O que é o Supersimples
 
"O Simples Nacional, ou Supersimples, é um regime simplificado de pagamento de tributos que beneficia as micro e pequenas empresas. Para aderir, além da limitação de faturamento, era fundamental que a atividade da empresa possibilitasse, e é isso que está alterando. Contudo, as empresas também não poderão aderir se os sócios possuírem impedimentos", detalha Mota.
 
Para as empresas que faturam pouco o programa é muito vantajoso, além de ter o benefício da simplificação dos processos. Com o Simples Nacional as micro e pequenas empresas fazer o recolhimento de oito impostos - seis federais, um estadual (ICMS) e um municipal (ISS) - por meio de uma única guia. Só é excluída a contribuição previdenciária.

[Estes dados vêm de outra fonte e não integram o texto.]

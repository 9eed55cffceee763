-- ===== src/OpCache/Known.antt =====
-- The callback of an OpValueCache hears of every value that comes into the cache, changes there or leaves
-- it.
use opendht.Prelude.{
  ℕ, ◌≡◌, ◌∙◌, sym, ap, refl, subst, Bool, true, false, List, [], ◌∷◌, Option, none, some, inl, inr,
  arith, ltb, ◌==◌, if◌then◌else◌, Bool-cases, Option-cases, ==_iff,
}
use opendht.Prelude.Map.{Map, find-emplace, find-update, find-erase}
use opendht.Prelude.Map
use opendht.Time.{TimePoint}
use opendht.Value.{Value}
use opendht.ValueCache.{Event, values_added, values_expired, status_changed}
use opendht.ValueCache.Cached.{has_id}
use opendht.OpCache.{
  OpCacheValueStorage, OpValueCache, is_edit, merge, added_loop, drop_ref, expired_loop, call,
  on_values_added, on_ids_expired, on_values_expired, on_value, ids_of,
}

-- The value that stands under an id.
unfoldable pub stored_at : Map OpCacheValueStorage → ℕ → Option Value
unfolding Map.find
stored_at m k = elim (Map.find k m) [ none ↦ none | some c ↦ some c.stored ]

-- Each entry stands under the id of its value.
abbrev pub IsKeyed : Map OpCacheValueStorage → Type 0
IsKeyed m = (k : ℕ) (c : OpCacheValueStorage) → Map.find k m ≡ some c → c.stored.id ≡ k

emplace-IsKeyed :
    (c : OpCacheValueStorage) (m : Map OpCacheValueStorage)
    → Map.find c.stored.id m ≡ none
    → IsKeyed m
    → IsKeyed (Map.emplace c.stored.id c m)
emplace-IsKeyed c m absent h k d e =
    ground (arith, find-emplace c.stored.id k c m, e, absent, h k d)

update-IsKeyed :
    (j : ℕ) (f : OpCacheValueStorage → OpCacheValueStorage) (m : Map OpCacheValueStorage)
    (c : OpCacheValueStorage)
    → Map.find j m ≡ some c
    → (f c).stored.id ≡ j
    → IsKeyed m
    → IsKeyed (Map.update j f m)
update-IsKeyed j f m c there same h k d e = elim (Bool-cases (j == k)) [
  | inl here ↦
      let same_key : j ≡ k = (==_iff j k).0 here in
      let there' : Map.find k m ≡ some c = subst (λ i. Map.find i m ≡ some c) same_key there in
      let entry : f c ≡ d = ground (arith, find-update j k f m, e, here, there') in
      ap (λ (x : OpCacheValueStorage). x.stored.id) (sym entry) ∙ same ∙ same_key
  | inr other ↦ h k d (ground (arith, find-update j k f m, e, other))
]

erase-IsKeyed : (j : ℕ) (m : Map OpCacheValueStorage) → IsKeyed m → IsKeyed (Map.erase j m)
erase-IsKeyed j m h k d e = h k d (ground (arith, find-erase j k m, e))

stored_at-emplace :
    (i k : ℕ) (c : OpCacheValueStorage) (m : Map OpCacheValueStorage)
    → Map.find i m ≡ none
    → stored_at (Map.emplace i c m) k ≡ (if i == k then some c.stored else stored_at m k)
unfolding stored_at
stored_at-emplace i k c m e = ground (arith, e, find-emplace i k c m)

find_same :
    (i k : ℕ) (m : Map OpCacheValueStorage) (c : OpCacheValueStorage)
    → Map.find i m ≡ some c
    → i == k ≡ true
    → Map.find k m ≡ some c
find_same i k m c e h = subst (λ j. Map.find j m ≡ some c) ((==_iff i k).0 h) e

-- An entry that is changed, and one of which the value stays.
stored_at-update :
    (i k : ℕ) (f : OpCacheValueStorage → OpCacheValueStorage) (m : Map OpCacheValueStorage)
    (c : OpCacheValueStorage)
    → Map.find i m ≡ some c
    → stored_at (Map.update i f m) k ≡ (if i == k then some (f c).stored else stored_at m k)
unfolding stored_at
stored_at-update i k f m c e = elim (Bool-cases (i == k)) [
  | inl hit ↦ ground (arith, find_same i k m c e hit, find-update i k f m, hit)
  | inr miss ↦ ground (arith, find-update i k f m, miss)
]

stored_at-kept :
    (i k : ℕ) (f : OpCacheValueStorage → OpCacheValueStorage) (m : Map OpCacheValueStorage)
    (c : OpCacheValueStorage)
    → Map.find i m ≡ some c
    → (f c).stored ≡ c.stored
    → stored_at (Map.update i f m) k ≡ stored_at m k
unfolding stored_at
stored_at-kept i k f m c e same = elim (Bool-cases (i == k)) [
  | inl hit ↦ ground (arith, find_same i k m c e hit, find-update i k f m, hit, same)
  | inr miss ↦ ground (arith, find-update i k f m, miss)
]

stored_at-erase :
    (i k : ℕ) (m : Map OpCacheValueStorage)
    → stored_at (Map.erase i m) k ≡ (if i == k then none else stored_at m k)
unfolding stored_at
stored_at-erase i k m = ground (arith, find-erase i k m)

merge-edit :
    (t : TimePoint) (v : Value) (c : OpCacheValueStorage)
    → (merge t v c).stored ≡ (if is_edit v c then v else c.stored)
unfolding merge is_edit
merge-edit t v c = ground arith

merge_id :
    (t : TimePoint) (v : Value) (c : OpCacheValueStorage)
    → c.stored.id ≡ v.id
    → (merge t v c).stored.id ≡ v.id
unfolding merge
merge_id t v c h = ground (arith, h)

-- What a listener knows of each id after it is told of values, after an event, and after all of them: a
-- value that it is told of takes the place of the one with its id.
unfoldable pub told : List Value → (ℕ → Option Value) → ℕ → Option Value
told [] view = view
told (v ∷ vs) view = told vs (λ k. if v.id == k then some v else view k)

unfoldable pub hears : Event → (ℕ → Option Value) → ℕ → Option Value
unfolding told
hears (values_added vs) view = told vs view
hears (values_expired vs) view = λ k. if has_id k vs then none else view k
hears (status_changed s) view = view

unfoldable pub hears_all : List Event → (ℕ → Option Value) → ℕ → Option Value
unfolding hears
hears_all [] view = view
hears_all (e ∷ es) view = hears_all es (hears e view)

-- A listener knows the values in the cache, and no others.
abbrev pub Knows : (ℕ → Option Value) → Map OpCacheValueStorage → Type 0
Knows view m = (k : ℕ) → view k ≡ stored_at m k

-- The loop of onValuesAdded: the keys stay ids, and who is told of the new values knows them.
Adds : TimePoint → List Value → Map OpCacheValueStorage → (ℕ → Option Value) → Type 0
Adds t vs m view =
    IsKeyed (added_loop t vs m).0 × Knows (told (added_loop t vs m).1 view) (added_loop t vs m).0

added_loop-Adds :
    (t : TimePoint) (vs : List Value) (m : Map OpCacheValueStorage) (view : ℕ → Option Value)
    → IsKeyed m
    → Knows view m
    → Adds t vs m view
unfolding Adds added_loop told
added_loop-Adds t [] m view h knows = (h, knows)
added_loop-Adds t (v ∷ vs) m view h knows = elim (Option-cases (Map.find v.id m)) [
  | inl absent ↦
      let fresh : OpCacheValueStorage = record { stored = v; ref_count = 1; updated = t } in
      rw (absent, added_loop)
        (added_loop-Adds t vs (Map.emplace v.id fresh m) (λ k. if v.id == k then some v else view k)
          (emplace-IsKeyed fresh m absent h)
          (λ k. ground (arith, knows k, stored_at-emplace v.id k fresh m absent)))
  | inr (c, there) ↦
      let keyed = update-IsKeyed v.id (merge t v) m c there (merge_id t v c (h v.id c there)) h in
      elim (Bool-cases (is_edit v c)) [
        | inl edit ↦
            rw (there, added_loop, edit)
              (added_loop-Adds t vs (Map.update v.id (merge t v) m)
                (λ k. if v.id == k then some v else view k) keyed
                (λ k. ground (
                  arith,
                  knows k,
                  edit,
                  merge-edit t v c,
                  stored_at-update v.id k (merge t v) m c there,
                )))
        | inr same ↦
            rw (there, added_loop, same)
              (added_loop-Adds t vs (Map.update v.id (merge t v) m) view keyed (λ k.
                knows k
                ∙ sym (
                    stored_at-kept v.id k (merge t v) m c there
                      (ground (arith, same, merge-edit t v c)))))
      ]
]

-- The loop of onValuesExpired: the keys stay ids, and the cache has lost what is expired.
Drops : TimePoint → List ℕ → Map OpCacheValueStorage → Type 0
Drops t vids m =
    IsKeyed (expired_loop t vids m).0
    × ((k : ℕ)
        → (if has_id k (expired_loop t vids m).1 then none else stored_at m k)
          ≡ stored_at (expired_loop t vids m).0 k)

expired_loop-Drops :
    (t : TimePoint) (vids : List ℕ) (m : Map OpCacheValueStorage) → IsKeyed m → Drops t vids m
unfolding Drops expired_loop
expired_loop-Drops t [] m h = (h, λ k. refl)
expired_loop-Drops t (vid ∷ vids) m h = elim (Option-cases (Map.find vid m)) [
  | inl absent ↦ rw (absent, expired_loop) (expired_loop-Drops t vids m h)
  | inr (c, there) ↦ elim (Bool-cases (ltb t c.updated)) [
    | inl later ↦ rw (there, later, expired_loop) (expired_loop-Drops t vids m h)
    | inr due ↦ elim (Bool-cases ((drop_ref t c).ref_count == 0)) [
      | inl last ↦
          let (keyed, ih) = expired_loop-Drops t vids (Map.erase vid m) (erase-IsKeyed vid m h) in
          rw (there, due, last, expired_loop)
            (keyed, λ k. ground (arith, ih k, stored_at-erase vid k m, h vid c there))
      | inr more ↦
          let (keyed, ih) =
            expired_loop-Drops t vids (Map.update vid (drop_ref t) m)
              (update-IsKeyed vid (drop_ref t) m c there (h vid c there) h) in
          rw (there, due, more, expired_loop)
            (keyed, λ k. ground (arith, ih k, stored_at-kept vid k (drop_ref t) m c there refl))
    ]
  ]
]

hears_all-call :
    (news : List Value) (view : ℕ → Option Value) (k : ℕ)
    → hears_all (call values_added news) view k ≡ told news view k
unfolding hears_all hears told
hears_all-call [] view k = refl
hears_all-call (v ∷ vs) view k = refl

hears_all-dropped :
    (gone : List Value) (view : ℕ → Option Value) (k : ℕ)
    → hears_all (call values_expired gone) view k ≡ (if has_id k gone then none else view k)
unfolding hears_all hears
hears_all-dropped [] view k = refl
hears_all-dropped (v ∷ vs) view k = refl

-- If each entry of the cache stands under the id of its value, this is so after `onValue` too, whether
-- values are announced or expire. A listener that knew under each id the value in the cache, if there
-- is one, and hears the calls of the callback, knows under each id the value that is in the cache then;
-- so it hears of each value that is new, that takes the place of an older one, or that leaves.
pub on_value-Knows :
    (callback : List Value → Bool → Bool) (vals : List Value) (expired : Bool) (t : TimePoint)
    (c : OpValueCache) (view : ℕ → Option Value)
    → IsKeyed c.values
    → Knows view c.values
    → IsKeyed (on_value callback vals expired t c).0.values
      × Knows
          (hears_all (on_value callback vals expired t c).1 view)
          (on_value callback vals expired t c).0.values
unfolding on_value on_values_added on_values_expired on_ids_expired Adds Drops
on_value-Knows callback vals true t c view h knows =
    let gone : List Value = (expired_loop t (ids_of vals) c.values).1 in
    let (keyed, drops) = expired_loop-Drops t (ids_of vals) c.values h in
    (
      keyed,
      λ k.
          hears_all-dropped gone view k
          ∙ ap (λ (o : Option Value). if has_id k gone then none else o) (knows k)
          ∙ drops k,
    )
on_value-Knows callback vals false t c view h knows =
    let (keyed, adds) = added_loop-Adds t vals c.values view h knows in
    (keyed, λ k. hears_all-call (added_loop t vals c.values).1 view k ∙ adds k)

segunda-feira, 28 de julho de 2014

Novo Simples só vale para empresa com folha de salários alta


Apenas empresas com uma folha de pagamento alta em relação a seu faturamento devem se beneficiar com a inclusão de novas categorias no Simples (regime de tributação simplificado para micro e pequenas empresas).
 
A medida, que permite que 140 novas categorias entrem nesse sistema, foi aprovada pelo Senado no dia 16 e aguarda sanção presidencial.
 
Pela lei aprovada, companhias de setores como medicina, engenharia e arquitetura que faturam até R$ 3,6 milhões poderão entrar no Simples. Mas isso pode significar o pagamento de impostos ainda maiores. 
 
Isso acontece devido às alíquotas mais altas que serão cobradas dessas novas categorias. Para elas, foi criada uma nova tabela em que a tributação varia entre 16,92% e 22,45% do faturamento (a alíquota aumenta conforme os ganhos crescem). Nesse valor já são inclusos encargos previdenciários, como a contribuição patronal ao INSS.
 
 
Na opção do pagamento de tributos pelo sistema do lucro presumido, do qual a maioria das empresas poderia migrar, é cobrada uma taxa calculada a partir de uma tabela de lucro estimada para seu setor de atuação. No caso dos prestadores de serviços, ela fica em torno de 16,3%, mas sem incluir os encargos previdenciários.
 
Como a nova tabela do Simples parte de um valor maior do que esse, a única forma de o regime valer a pena é a companhia pagar tributos altos relacionados à folha de pagamento.
vale a pena?
 
No quadro ao lado, simulações ilustram uma situação em que o Simples é a melhor opção e outra em que ele perde para o lucro presumido.No caso em que ele é o mais adequado, a folha de pagamento da empresa equivale a 25% do faturamento.
 
Além do valor do imposto a ser pago, o empresário também deve considerar que, quando opta pelo Simples, tem uma diminuição de custos com a redução da burocracia e o envio de informações, diz Julio Durante, consultor do Sebrae-SP.
 
"Há um custo intangível de estar fora do Simples, pois as obrigações acessórias de outros regimes são muitas, como o preenchimento e envio de diferentes formulários em datas diferentes."
 
As empresas podem começar a pagar seus impostos pelo Simples a partir de 2015.
 
O governo estuda a possibilidade de revisar as tabelas de tributação do Simples Nacional. Para isso, a Secretaria da Micro e Pequena Empresa contratou quatro instituições de ensino e pesquisa, como antecipou a Folha em junho.
 
Elas devem apresentar um estudo sobre quais seriam as melhores alíquotas para garantir, ao mesmo tempo, desoneração tributária para pequenas empresas sem causar prejuízos a arrecadação fiscal. O prazo para conclusão do estudo é de 90 dias após a sanção da lei.